Vaihinger an Eduard Zeller, Straßburg, 13.6.1883, 4 S., hs., Universitätsbibliothek Tübingen, http://idb.ub.uni-tuebingen.de/opendigi/Md747-782
Straßburg 13. Juni 83.
Hochzuverehrender Herr GeheimeRath und Professor![a]
Die gütige Theilnahme und das thätige Wohlwollen, das Ew. Hochwohlgeboren meinen Arbeiten und meiner Person zu schenken mehrfach Gelegenheit nahmen, läßt es mir als eine angenehme Pflicht erscheinen, Sie von einer Veränderung meiner Lage in Kenntnis zu setzen, welche ich schon lange ersehnte. |
Ich bin hier zum Extraordinarius ernannt[1] worden, allerdings mit sehr geringem Gehalt. Daß dieses Ziel, das meine Freunde[2] hier schon lange für mich erstrebten, erreicht worden ist, ist einem an sich sehr widerwärtigen Vorkommniß zuzuschreiben. Nachdem Gießen an Siebeck[3] gefallen war, hatte derselbe die Loyalität, mich in Basel energisch zu empfehlen. Er schlug vor: Glogau, mich, Volkelt[4], Bolliger[5]. Glogau ist sein persönlicher Freund. Volkelt war ihm mehr von Jena aus aufgedrungen worden. Von Biedermann[6] in Zürich wurde für Rehmke[7] stark agitirt. Bei einer mehrtägigen Anwesenheit hier besprach Siebeck das Einzelne mit mir. Er wollte den Ruf zunächst an Glogau gelangen lassen; es bestand | die Aussicht, daß Glogau vielleicht in Halle gehalten würde; wo nicht, so durfte ich mir für Halle einige Hoffnung machen.
Nun aber kam der Ruf nicht an Glogau, weil die sparsame Baseler Regierung wußte, daß sie die beiden folgenden billiger bekäme. Ich aber wurde seitens der Regierung aus dem offen ausgesprochenen Grunde übergangen, weil in Basel zwei Privatdocenten sind und man diesen nicht den vermeintlichen Affront zufügen wollte, ihnen einen deutschen Privatdocenten als Ordinarius hinzusetzen. Und doch war ich, wie ich erst nachträglich erfahre, z.°B. von Sigwart[8] warm empfohlen worden, den man über mich gefragt hatte.
So kam der Ruf an Volkelt, der sich mit mir habilitirt[9] hat. Ich weiß be|stimmt, daß diese Änderung nicht im Sinne von Siebeck war.
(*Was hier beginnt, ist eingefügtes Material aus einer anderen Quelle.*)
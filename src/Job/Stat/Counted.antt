-- ===== src/Job/Stat/Counted.antt =====
-- core/bin/job/stat.rs: what the numbers count.
use sysmaster.Base.{
  ℕ, ◌+◌, ◌-◌, ◌≤◌, ◌<◌, Bool, true, false, List, [], ◌∷◌, some, ◌≡◌, refl, arith, ◌==◌, All,
  nat_eq,
}
use sysmaster.Job.Kind.{
  JobKind, kind_eq, start, stop, reload, restart, verify, nop, try_reload, try_restart,
  reload_or_start, job_is_basic_op, JobResult, done, cancelled, time_out, failed, dependency,
  skipped, invalid, assertion, un_supported, collected, once, merged, JobStage, init, wait, running,
  end,
}
use sysmaster.Job.Entry.{Job}
use sysmaster.Job.Stat.{
  usize, value_try_add, value_try_sub, JobKindNum, change_kind, add_kinds, del_kinds,
  update_kind_num, JobResultCnt, count_result, count_stage, update_result_cnt,
}

-- The number that is kept of a kind.
abbrev pub num_of : JobKind → JobKindNum → ℕ
num_of start n = n.start
num_of stop n = n.stop
num_of reload n = n.reload
num_of restart n = n.restart
num_of verify n = n.verify
num_of nop n = n.nop
num_of _ n = 0

abbrev pub count_if : Bool → ℕ
count_if true = 1
count_if false = 0

abbrev pub count_kind : JobKind → List Job → ℕ
count_kind k [] = 0
count_kind k (j ∷ js) = count_if (j.kind == k) + count_kind k js

abbrev pub AreBasic : List Job → Type 0
AreBasic = All (λ j. job_is_basic_op j.kind ≡ true)

one_added :
    (k : JobKind) (n : JobKindNum)
    → job_is_basic_op k ≡ true
    → num_of k n + 1 < usize
    → (n' : JobKindNum) × (change_kind k (λ v. value_try_add v 1) n ≡ some n')
      × ((j : JobKind) → num_of j n' ≡ num_of j n + count_if (k == j))
unfolding value_try_add job_is_basic_op
one_added start n b lt = (record n { start = n.start + 1 }, ground arith, λ j. ground arith)
one_added stop n b lt = (record n { stop = n.stop + 1 }, ground arith, λ j. ground arith)
one_added reload n b lt = (record n { reload = n.reload + 1 }, ground arith, λ j. ground arith)
one_added restart n b lt = (record n { restart = n.restart + 1 }, ground arith, λ j. ground arith)
one_added verify n b lt = (record n { verify = n.verify + 1 }, ground arith, λ j. ground arith)
one_added nop n b lt = (record n { nop = n.nop + 1 }, ground arith, λ j. ground arith)
one_added try_reload n b lt = cc
one_added try_restart n b lt = cc
one_added reload_or_start n b lt = cc

one_deleted :
    (k : JobKind) (n : JobKindNum)
    → job_is_basic_op k ≡ true
    → 1 ≤ num_of k n
    → (n' : JobKindNum) × (change_kind k (λ v. value_try_sub v 1) n ≡ some n')
      × ((j : JobKind) → num_of j n' + count_if (k == j) ≡ num_of j n)
unfolding value_try_sub job_is_basic_op
one_deleted start n b lt = (record n { start = n.start - 1 }, ground arith, λ j. ground arith)
one_deleted stop n b lt = (record n { stop = n.stop - 1 }, ground arith, λ j. ground arith)
one_deleted reload n b lt = (record n { reload = n.reload - 1 }, ground arith, λ j. ground arith)
one_deleted restart n b lt = (record n { restart = n.restart - 1 }, ground arith, λ j. ground arith)
one_deleted verify n b lt = (record n { verify = n.verify - 1 }, ground arith, λ j. ground arith)
one_deleted nop n b lt = (record n { nop = n.nop - 1 }, ground arith, λ j. ground arith)
one_deleted try_reload n b lt = cc
one_deleted try_restart n b lt = cc
one_deleted reload_or_start n b lt = cc

add_kinds_lem :
    (adds : List Job) (n : JobKindNum)
    → AreBasic adds
    → ((k : JobKind) → num_of k n + count_kind k adds < usize)
    → (n' : JobKindNum) × (add_kinds adds n ≡ some n')
      × ((k : JobKind) → num_of k n' ≡ num_of k n + count_kind k adds)
unfolding add_kinds
add_kinds_lem [] n b lt = (n, refl, λ k. omega arith)
add_kinds_lem (a ∷ adds) n b lt =
    let (n1, e1, c1) =
      one_added a.kind n b.0 (ground (arith, lt a.kind, kind_eq.beq_iff a.kind a.kind)) in
    let (n2, e2, c2) = add_kinds_lem adds n1 b.1 (λ k. omega (arith, lt k, c1 k)) in
    (n2, rw e1 e2, λ k. omega (arith, c1 k, c2 k))

del_kinds_lem :
    (dels : List Job) (n : JobKindNum)
    → AreBasic dels
    → ((k : JobKind) → count_kind k dels ≤ num_of k n)
    → (n' : JobKindNum) × (del_kinds dels n ≡ some n')
      × ((k : JobKind) → num_of k n' + count_kind k dels ≡ num_of k n)
unfolding del_kinds
del_kinds_lem [] n b lt = (n, refl, λ k. omega arith)
del_kinds_lem (a ∷ dels) n b lt =
    let (n1, e1, c1) =
      one_deleted a.kind n b.0 (ground (arith, lt a.kind, kind_eq.beq_iff a.kind a.kind)) in
    let (n2, e2, c2) = del_kinds_lem dels n1 b.1 (λ k. omega (arith, lt k, c1 k)) in
    (n2, rw e1 e2, λ k. omega (arith, c1 k, c2 k))

-- If the jobs added and deleted are of basic kinds, the number of each kind fits in a `usize` with
-- those added, and no more of a kind are deleted than there are then, the update does not panic,
-- and the number of each kind grows by those added and falls by those deleted.
pub update_kind_num_lem :
    (adds dels : List Job) (n : JobKindNum)
    → AreBasic adds
    → AreBasic dels
    → ((k : JobKind) → num_of k n + count_kind k adds < usize)
    → ((k : JobKind) → count_kind k dels ≤ num_of k n + count_kind k adds)
    → (n' : JobKindNum) × (update_kind_num adds dels n ≡ some n')
      × ((k : JobKind) → num_of k n' + count_kind k dels ≡ num_of k n + count_kind k adds)
unfolding update_kind_num
update_kind_num_lem adds dels n a d lt le =
    let (n1, e1, c1) = add_kinds_lem adds n a lt in
    let (n2, e2, c2) = del_kinds_lem dels n1 d (λ k. omega (arith, le k, c1 k)) in
    (n2, rw e1 e2, λ k. omega (arith, c1 k, c2 k))

-- The count that is kept of a result.
abbrev pub cnt_of : JobResult → JobResultCnt → ℕ
cnt_of done c = c.done
cnt_of cancelled c = c.cancelled
cnt_of time_out c = c.timeout
cnt_of failed c = c.failed
cnt_of dependency c = c.dependency
cnt_of skipped c = c.skipped
cnt_of invalid c = c.invalid
cnt_of assertion c = c.assertion
cnt_of un_supported c = c.unsupported
cnt_of collected c = c.collected
cnt_of once c = c.once
cnt_of merged c = c.merged

abbrev result_code : JobResult → ℕ
result_code done = 0
result_code cancelled = 1
result_code time_out = 2
result_code failed = 3
result_code dependency = 4
result_code skipped = 5
result_code invalid = 6
result_code assertion = 7
result_code un_supported = 8
result_code collected = 9
result_code once = 10
result_code merged = 11

abbrev is_end : JobResult → JobStage → Bool
is_end r (end s) = result_code s == result_code r
is_end r _ = false

-- How many of the jobs ended with this result.
abbrev pub count_ended : JobResult → List Job → ℕ
count_ended r [] = 0
count_ended r (j ∷ js) = count_if (is_end r j.stage) + count_ended r js

one_counted :
    (r : JobResult) (c : JobResultCnt)
    → cnt_of r c + 1 < usize
    → (c' : JobResultCnt) × (count_result r c ≡ (false, c'))
      × ((s : JobResult) → cnt_of s c' ≡ cnt_of s c + count_if (is_end s (end r)))
unfolding count_result value_try_add
one_counted done c lt = (record c { done = c.done + 1 }, ground arith, λ s. ground arith)
one_counted cancelled c lt =
    (record c { cancelled = c.cancelled + 1 }, ground arith, λ s. ground arith)
one_counted time_out c lt = (record c { timeout = c.timeout + 1 }, ground arith, λ s. ground arith)
one_counted failed c lt = (record c { failed = c.failed + 1 }, ground arith, λ s. ground arith)
one_counted dependency c lt =
    (record c { dependency = c.dependency + 1 }, ground arith, λ s. ground arith)
one_counted skipped c lt = (record c { skipped = c.skipped + 1 }, ground arith, λ s. ground arith)
one_counted invalid c lt = (record c { invalid = c.invalid + 1 }, ground arith, λ s. ground arith)
one_counted assertion c lt =
    (record c { assertion = c.assertion + 1 }, ground arith, λ s. ground arith)
one_counted un_supported c lt =
    (record c { unsupported = c.unsupported + 1 }, ground arith, λ s. ground arith)
one_counted collected c lt =
    (record c { collected = c.collected + 1 }, ground arith, λ s. ground arith)
one_counted once c lt = (record c { once = c.once + 1 }, ground arith, λ s. ground arith)
one_counted merged c lt = (record c { merged = c.merged + 1 }, ground arith, λ s. ground arith)

stage_counted :
    (g : JobStage) (c : JobResultCnt)
    → ((r : JobResult) → cnt_of r c + count_if (is_end r g) < usize)
    → (c' : JobResultCnt) × (count_stage g c ≡ (false, c'))
      × ((s : JobResult) → cnt_of s c' ≡ cnt_of s c + count_if (is_end s g))
stage_counted init c lt = (c, refl, λ s. omega arith)
stage_counted wait c lt = (c, refl, λ s. omega arith)
stage_counted running c lt = (c, refl, λ s. omega arith)
stage_counted (end r) c lt =
    one_counted r c (ground (arith, lt r, nat_eq.beq_iff (result_code r) (result_code r)))

-- If the counts of the results fit in a `usize` with those of the jobs deleted, none overflows, and
-- each grows by the number of the jobs deleted that ended with its result.
pub update_result_cnt_lem :
    (dels : List Job) (c : JobResultCnt)
    → ((r : JobResult) → cnt_of r c + count_ended r dels < usize)
    → (c' : JobResultCnt) × (update_result_cnt false dels c ≡ (false, c'))
      × ((r : JobResult) → cnt_of r c' ≡ cnt_of r c + count_ended r dels)
unfolding update_result_cnt
update_result_cnt_lem [] c lt = (c, refl, λ r. omega arith)
update_result_cnt_lem (j ∷ dels) c lt =
    let (c1, e1, n1) = stage_counted j.stage c (λ r. omega (arith, lt r)) in
    let (c2, e2, n2) = update_result_cnt_lem dels c1 (λ r. omega (arith, lt r, n1 r)) in
    (c2, rw e1 e2, λ r. omega (arith, n1 r, n2 r))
Ich bat Siebeck um eine Bestätigung, daß der genannte Grund in Basel ausschlaggebend[10] gewesen war. Dieses Factum machte eben bei Fakultät und Regierung einen solchen Eindruck, daß ich nunmehr das gewünschte Resultat erreicht habe, worüber ich nunmehr sehr glücklich bin: trotz des sehr geringen Gehaltes.
Ich hätte die hinter mir liegende schwere Zeit kaum überstanden, wenn mir nicht von Zeit zu Zeit Ihr tröstlicher Zuspruch Muth eingeflößt hätte. So darf ich wohl, hochzuverehrender Herr Geheimerath, Ihnen für all Ihre Güte und Theilnahme meinen tiefsten Dank aus vollem, aufrichtigem Herzen aussprechen.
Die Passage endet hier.